Structural Biology |
In the absence of writhe, DNA relieves torsional stress with localized, sequence-dependent structural failure to preserve B-form
1Program in Structural and Computational Biology and Molecular Biophysics, 2Department of Molecular Virology and Microbiology, 3Verna and Marrs McLean Department of Biochemistry and Molecular Biology, 4Department of Pharmacology, Baylor College of Medicine, Houston, TX 77030-3498, USA and 5Department of Chemistry, University of Houston, Houston, TX 77204-5003, USA
*To whom correspondence should be addressed. Tel: +1 713 798 5126; Fax: +1 713 798 7375; Email: elz{at}bcm.edu Correspondence may also be addressed to B. Montgomery Pettitt. Tel: +1 713 743 3263; Email: pettitt{at}uh.edu
Received April 28, 2009. Revised June 12, 2009. Accepted June 15, 2009.
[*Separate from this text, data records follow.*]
-- ===== src/Worker/Sharding/Laws.antt =====
-- Laws about what `_flush_sharded` of src/common/worker/stateful_worker.py sends.
use tp_distribuidos_moneylau.Prelude.{
  ℕ, ◌+◌, ◌/◌, ◌%◌, ◌==◌, nat_eq, Bool, List, [], ◌∷◌, ◌++◌, if◌then◌else◌, Dict, insert, lookup,
  get_or, ◌≡◌, refl, arith, inl, inr, Bool-cases, map, sum_map, count, sum_map-append, sum_map-map,
}
use tp_distribuidos_moneylau.Prelude.Text.{Text}
use tp_distribuidos_moneylau.Worker.Hooks.{Sent}
use tp_distribuidos_moneylau.Worker.Sharding.{
  group_into, num_buckets, hashed, bucket_batches, shard_batches, flush_sharded,
}

-- the same over the groups of a dict
abbrev pub count_groups {ℓ} : {B : Type ℓ} → (B → Bool) → Dict ℕ (List B) → ℕ
count_groups p = sum_map (λ entry. count p entry.1)

-- the same over the batches that are sent
abbrev pub count_sent : {A : Type 0} → (A → Bool) → List (Sent (List A)) → ℕ
count_sent p = sum_map (λ sent. count p sent.body)

count-insert {ℓ} :
    {B : Type ℓ} (p : B → Bool) (k : ℕ) (v : List B) (d : Dict ℕ (List B))
    → count_groups p (insert k v d) + count p (get_or k [] d) ≡ count_groups p d + count p v
unfolding insert get_or lookup
count-insert p k v [] = omega arith
count-insert p k v ((j, ys) ∷ d) = elim (Bool-cases (j == k)) [
  | inl same ↦ rw same (omega arith)
  | inr other ↦ rw other (omega (arith, count-insert p k v d))
]

count-grouped {ℓ} :
    {B : Type ℓ} (p : B → Bool) (k : ℕ) (y : B) (d : Dict ℕ (List B))
    → count_groups p (insert k (get_or k [] d ++ y ∷ []) d)
      ≡ count_groups p d + (if p y then 1 else 0)
count-grouped p k y d = omega (
  arith,
  count-insert p k (get_or k [] d ++ y ∷ []) d,
  sum_map-append (λ x. if p x then 1 else 0) (get_or k [] d) (y ∷ []),
)

pub count-group_into {ℓ κ} :
    {A : Type ℓ} {B : Type κ} (f : A → ℕ) (g : A → B) (p : B → Bool) (xs : List A)
    (groups : Dict ℕ (List B))
    → count_groups p (group_into f g xs groups) ≡ count_groups p groups + count (λ x. p (g x)) xs
unfolding group_into
count-group_into f g p [] groups = omega arith
count-group_into f g p (x ∷ xs) groups = omega (
  arith,
  count-group_into f g p xs (insert (f x) (get_or (f x) [] groups ++ g x ∷ []) groups),
  count-grouped p (f x) (g x) groups,
)

module _ {A : Type 0} (hash_of : Text → ℕ) (node_id : ℕ) (client_id : Text) (key_of : A → Text)
    (num_shards batch_size : ℕ) (routing_key_for : ℕ → Text) where
  count-bucket_batches :
      (p : A → Bool) (shard : ℕ) (buckets : Dict ℕ (List A))
      → count_sent p (
          bucket_batches hash_of node_id client_id key_of num_shards batch_size routing_key_for
            shard buckets)
        ≡ count_groups p buckets
  unfolding bucket_batches
  count-bucket_batches p shard [] = refl
  count-bucket_batches p shard ((b, items) ∷ buckets) =
      omega (arith, count-bucket_batches p shard buckets)

  count-shard_batches :
      (p : A → Bool) (shards : Dict ℕ (List (ℕ × A)))
      → count_sent p (
          shard_batches hash_of node_id client_id key_of num_shards batch_size routing_key_for
            shards)
        ≡ count_groups (λ q. p q.1) shards
  unfolding shard_batches
  count-shard_batches p [] = refl
  count-shard_batches p ((shard, pairs) ∷ shards) =
      let buckets =
        group_into
          (λ q.
            (q.0 / num_shards)
            % num_buckets hash_of node_id client_id key_of num_shards batch_size routing_key_for
                pairs)
          (λ q. q.1) pairs [] in
      omega (
        arith,
        sum_map-append (λ (sent : Sent (List A)). count p sent.body)
            (bucket_batches hash_of node_id client_id key_of num_shards batch_size routing_key_for
              shard buckets)
            (shard_batches hash_of node_id client_id key_of num_shards batch_size routing_key_for
              shards),
        count-bucket_batches p shard buckets,
        count-group_into
            (λ (q : ℕ × A).
              (q.0 / num_shards)
              % num_buckets hash_of node_id client_id key_of num_shards batch_size routing_key_for
                  pairs)
            (λ q. q.1) p pairs [],
        count-shard_batches p shards,
      )

  -- A sharded flush sends every item exactly once: for every test on items, the batches together
  -- hold as many items that pass it as the flow did.
  pub count-flush_sharded :
      (p : A → Bool) (items : List A)
      → count_sent p (
          flush_sharded hash_of node_id client_id key_of num_shards batch_size routing_key_for
            items)
        ≡ count p items
  unfolding flush_sharded hashed
  count-flush_sharded p items =
      let pairs : List (ℕ × A) = map (λ item. (hash_of (key_of item), item)) items in
      omega (
        arith,
        count-shard_batches p (group_into (λ (q : ℕ × A). q.0 % num_shards) (λ q. q) pairs []),
        count-group_into (λ (q : ℕ × A). q.0 % num_shards) (λ q. q) (λ q. p q.1) pairs [],
        sum_map-map {A = A} {B = ℕ × A} (λ q. if p q.1 then 1 else 0)
            (λ item. (hash_of (key_of item), item)) items,
      )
To understand how underwinding and overwinding the DNA helix affects its structure, we simulated 19 independent DNA systems with fixed degrees of twist using molecular dynamics in a system that does not allow writhe. Underwinding DNA induced spontaneous, sequence-dependent base flipping and local denaturation, while overwinding DNA induced the formation of Pauling-like DNA (P-DNA). The winding resulted in a bimodal state simultaneously including local structural failure and B-form DNA for both underwinding and extreme overwinding. Our simulations suggest that base flipping and local denaturation may provide a landscape influencing protein recognition of DNA sequence to affect, for examples, replication, transcription and recombination. Additionally, our findings help explain results from single-molecule experiments and demonstrate that elastic rod models are strictly valid on average only for unstressed or overwound DNA up to P-DNA formation. Finally, our data support a model in which base flipping can result from torsional stress.